Above: The road ahead. Illustration by ra2studio/DepositPhotos.
BitDepth#1278 for December 03, 2020
Years ago, I told a media manager that the time to build a boat to a new destination is while the docks are busy with commerce.
Today, the docks are burning and money for building new metaphorical ships is in dramatically short supply.
Media InSite, which has monitored advertising placement in print since 2015, shared a disturbing picture of the steady decline on every measurement of advertising revenue with me with a series of graphs.
The aggregate of display ad space dropped from a peak of 2.6 million column centimetres in the fourth quarter of 2015 to 0.75 million in the second quarter of 2020. Rallying after lockdowns suggests that the fourth quarter will end at roughly 1.2 million column centimetres.
Display ad count was aggressively competitive over the five years, but shrank steadily.
Full page ad counts have declined in the aggregate between 2015 and 2020. Those advertising dollars haven’t evaporated; they have migrated to social media and programmatic advertising.
Kill Google ads
Over at TechNewsTT, a yearlong experiment with programmatic advertising through Auttomatic, the WordPress parent company, yielded the dramatic sum of US$5. Unsurprisingly, that experiment goes away in 2021.
Google Ads pay about the same, so it’s a continuing source of astonishment to me that local news websites fill their inventory of website ad spaces with the weeds of Internet advertising.
That creates two vastly different prices for ad placement online.
For a business that’s been extraordinarily smart about pricing advertising space in print and broadcast for decades, selling ad space for pennies seems…unusual.
Since publishers and broadcasters can’t easily stop Facebook and Google from profiting off their content, it’s double jeopardy letting Google ads target their web pages.
Refocus post pages
Post pages are largely an afterthought in local news website design.
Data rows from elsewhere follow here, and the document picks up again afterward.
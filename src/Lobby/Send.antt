-- ===== src/Lobby/Send.antt =====
-- The packets that go to everyone in a lobby: `lobby_send_pkt_*` of src/lobby.c, `subcmd_send_lobby_*`
-- of src/subcmd.c and src/subcmd-dcnte.c, and the lists of src/clients.c of the clients that
-- someone does not want to hear. All of them return 0; what is sent is a list in order, or `none`
-- where the code reads a sender that is NULL. Numbers are in the host's byte order.
pub mod Reach
mod Examples
use ship_server.Base.{
  ℕ, zero, suc, Bool, true, false, ◌&&◌, not, List, [], ◌∷◌, Option, none, some, ltb, ◌==◌,
  if◌then◌else◌, has_flag, find_index,
}
use ship_server.Lobby.{dcv1, pc, ep3, gc}

-- What the senders use of a client.
pub record Peer : Type 0 where
  pub version : ℕ
  pub flags : ℕ
  pub guildcard : ℕ
  pub ignore_list : List ℕ
  pub blacklist : List ℕ

-- The form in which a packet goes to a client: by send_pkt_dc or send_pkt_bb, or by one of the
-- translations between the network trial edition and the other versions, which may drop it, or as
-- the hit of a monster with its flags swapped.
pub data Sent (P : Type 0) : Type 0 where
  dc_form bb_form nte_to_dc dc_to_nte bb_to_nte swapped : ℕ → P → Sent P

pub client_has_ignored : Peer → ℕ → Bool
client_has_ignored c gcn = ltb (find_index (λ g. g == gcn) 10 c.ignore_list) 10

client_has_blacklisted : Peer → ℕ → Bool
client_has_blacklisted c gcn =
    if ltb c.version pc then false else ltb (find_index (λ g. g == gcn) 30 c.blacklist) 30

-- CLIENT_FLAG_IS_NTE on a client of version 1.
pub is_nte : Peer → Bool
is_nte c = c.version == dcv1 && has_flag c.flags 0x10000

-- `igcheck && client_has_ignored(l->clients[i], c->guildcard)`
pub is_ignored : (ℕ → Peer) → Option ℕ → Bool → ℕ → Option Bool
is_ignored peers c false r = some false
is_ignored peers none true r = none
is_ignored peers (some s) true r = some (client_has_ignored (peers r) (peers s).guildcard)

-- `l->clients[i] == c`
pub is_sender : Option ℕ → ℕ → Bool
is_sender none r = false
is_sender (some s) r = s == r

module _ {P : Type 0} where
  pub send_one : Option Bool → Option (Sent P) → Option (List (Sent P)) → Option (List (Sent P))
  send_one none o rest = none
  send_one (some true) o rest = rest
  send_one (some false) none rest = none
  send_one (some false) (some o) none = none
  send_one (some false) (some o) (some os) = some (o ∷ os)

  -- The loop over the first n slots.
  pub to_others :
      (ℕ → Option Bool)
      → (ℕ → Option (Sent P))
      → Option ℕ
      → ℕ
      → List (Option ℕ)
      → Option (List (Sent P))
  to_others ign send c zero slots = some []
  to_others ign send c (suc n) [] = some []
  to_others ign send c (suc n) (none ∷ slots) = to_others ign send c n slots
  to_others ign send c (suc n) (some r ∷ slots) =
      let rest = to_others ign send c n slots in
      if is_sender c r then rest else send_one (ign r) (send r) rest

module _ {P : Type 0} (peers : ℕ → Peer) (max_clients : ℕ) (clients : List (Option ℕ))
    (c : Option ℕ) where
  -- `h` for the network trial edition, `h2` for the others: the test is on the sender.
  by_sender : P → P → Option ℕ → ℕ → Option (Sent P)
  by_sender h h2 none r = none
  by_sender h h2 (some s) r = some (dc_form r (if is_nte (peers s) then h else h2))

  lobby_send_pkt_dcnte : P → P → Bool → Option (List (Sent P))
  lobby_send_pkt_dcnte h h2 igcheck =
      to_others (is_ignored peers c igcheck) (by_sender h h2 c) c max_clients clients

  lobby_send_pkt_dc : P → Bool → Option (List (Sent P))
  lobby_send_pkt_dc h igcheck =
      to_others (is_ignored peers c igcheck) (λ r. some (dc_form r h)) c max_clients clients

  lobby_send_pkt_bb : P → Bool → Option (List (Sent P))
  lobby_send_pkt_bb h igcheck =
      to_others (is_ignored peers c igcheck) (λ r. some (bb_form r h)) c max_clients clients

  -- The test is on the lobby's version.
  lobby_send_pkt_ep3 : ℕ → P → Option (List (Sent P))
  lobby_send_pkt_ep3 version h =
      to_others (λ r. some (not (version == ep3))) (λ r. some (dc_form r h)) c max_clients clients

  pub subcmd_send_lobby_dcnte : P → Bool → Option (List (Sent P))
  subcmd_send_lobby_dcnte pkt igcheck =
      to_others (is_ignored peers c igcheck)
        (λ r. some (if is_nte (peers r) then dc_form r pkt else nte_to_dc r pkt)) c max_clients
        clients

  pub subcmd_send_lobby_dc : P → Bool → Option (List (Sent P))
  subcmd_send_lobby_dc pkt igcheck =
      to_others (is_ignored peers c igcheck)
        (λ r. some (if not (is_nte (peers r)) then dc_form r pkt else dc_to_nte r pkt)) c
        max_clients clients

  pub subcmd_send_lobby_bb : P → Bool → Option (List (Sent P))
  subcmd_send_lobby_bb pkt igcheck =
      to_others (is_ignored peers c igcheck)
        (λ r. some (if not (is_nte (peers r)) then bb_form r pkt else bb_to_nte r pkt)) c
        max_clients clients

  -- send_mhit_gc swaps the flags of the packet.
  subcmd_send_lobby_mhit : P → Option (List (Sent P))
  subcmd_send_lobby_mhit pkt =
      to_others (λ r. some false)
        (λ r. some (if (peers r).version == gc then swapped r pkt else dc_form r pkt)) c max_clients
        clients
On TechNewsTT, readers overwhelmingly arrive at a story via a link embedded elsewhere. Secondary exploration will be either through a “Related Posts” display or a click to the home page to see what’s current.
If that’s true for your website, then there are three actionable items there for online publishers.
First, ensure that your individual post page design offers more opportunities for exploration.
If your editorial provokes comment, then make recent comments prominent to visitors.
Effective related posts are crucial to making your posts more relevant to readers. Outbrain style related posts links are garbage, robbing the site of views.
If metrics show a trend of click-throughs to related stories, consider embedding related posts links within the body of the post itself, instead of at the pages’ end.
If secondary exploration favours the home page, make the “above the fold,” the first screenful of material the viewer sees, as effective as possible.
I work to make that impactful and fresh.
Who’s clicking the links?
I track Facebook, Twitter and Linked-In sources, but not WhatsApp.
Recent surges in untrackable views are likely to have come from links shared in WhatsApp groups. That’s another opportunity for audience engagement.
Teaser and summary emails were a great hook for readership, but response to emails have generally fallen off dramatically in recent years.
Getting readers to sign up for a newsletter is tough, but producing one that gets regular views is a job. I’m inching toward that, sending out an automated email of aggregated links once a week, meanwhile.
Reorient your purpose.
Media houses aren’t in competition with each other, they are in competition with disinterest, sketchy reading habits and a world of distracting, often contradictory quasi-information.
Media managers should be less concerned with competition and embrace the challenge of expanding the reach of news and cultivating an appetite for verified, curated information.
It’s pointless fussing over who bought which paper when most of the potential audience isn’t buying any paper at all.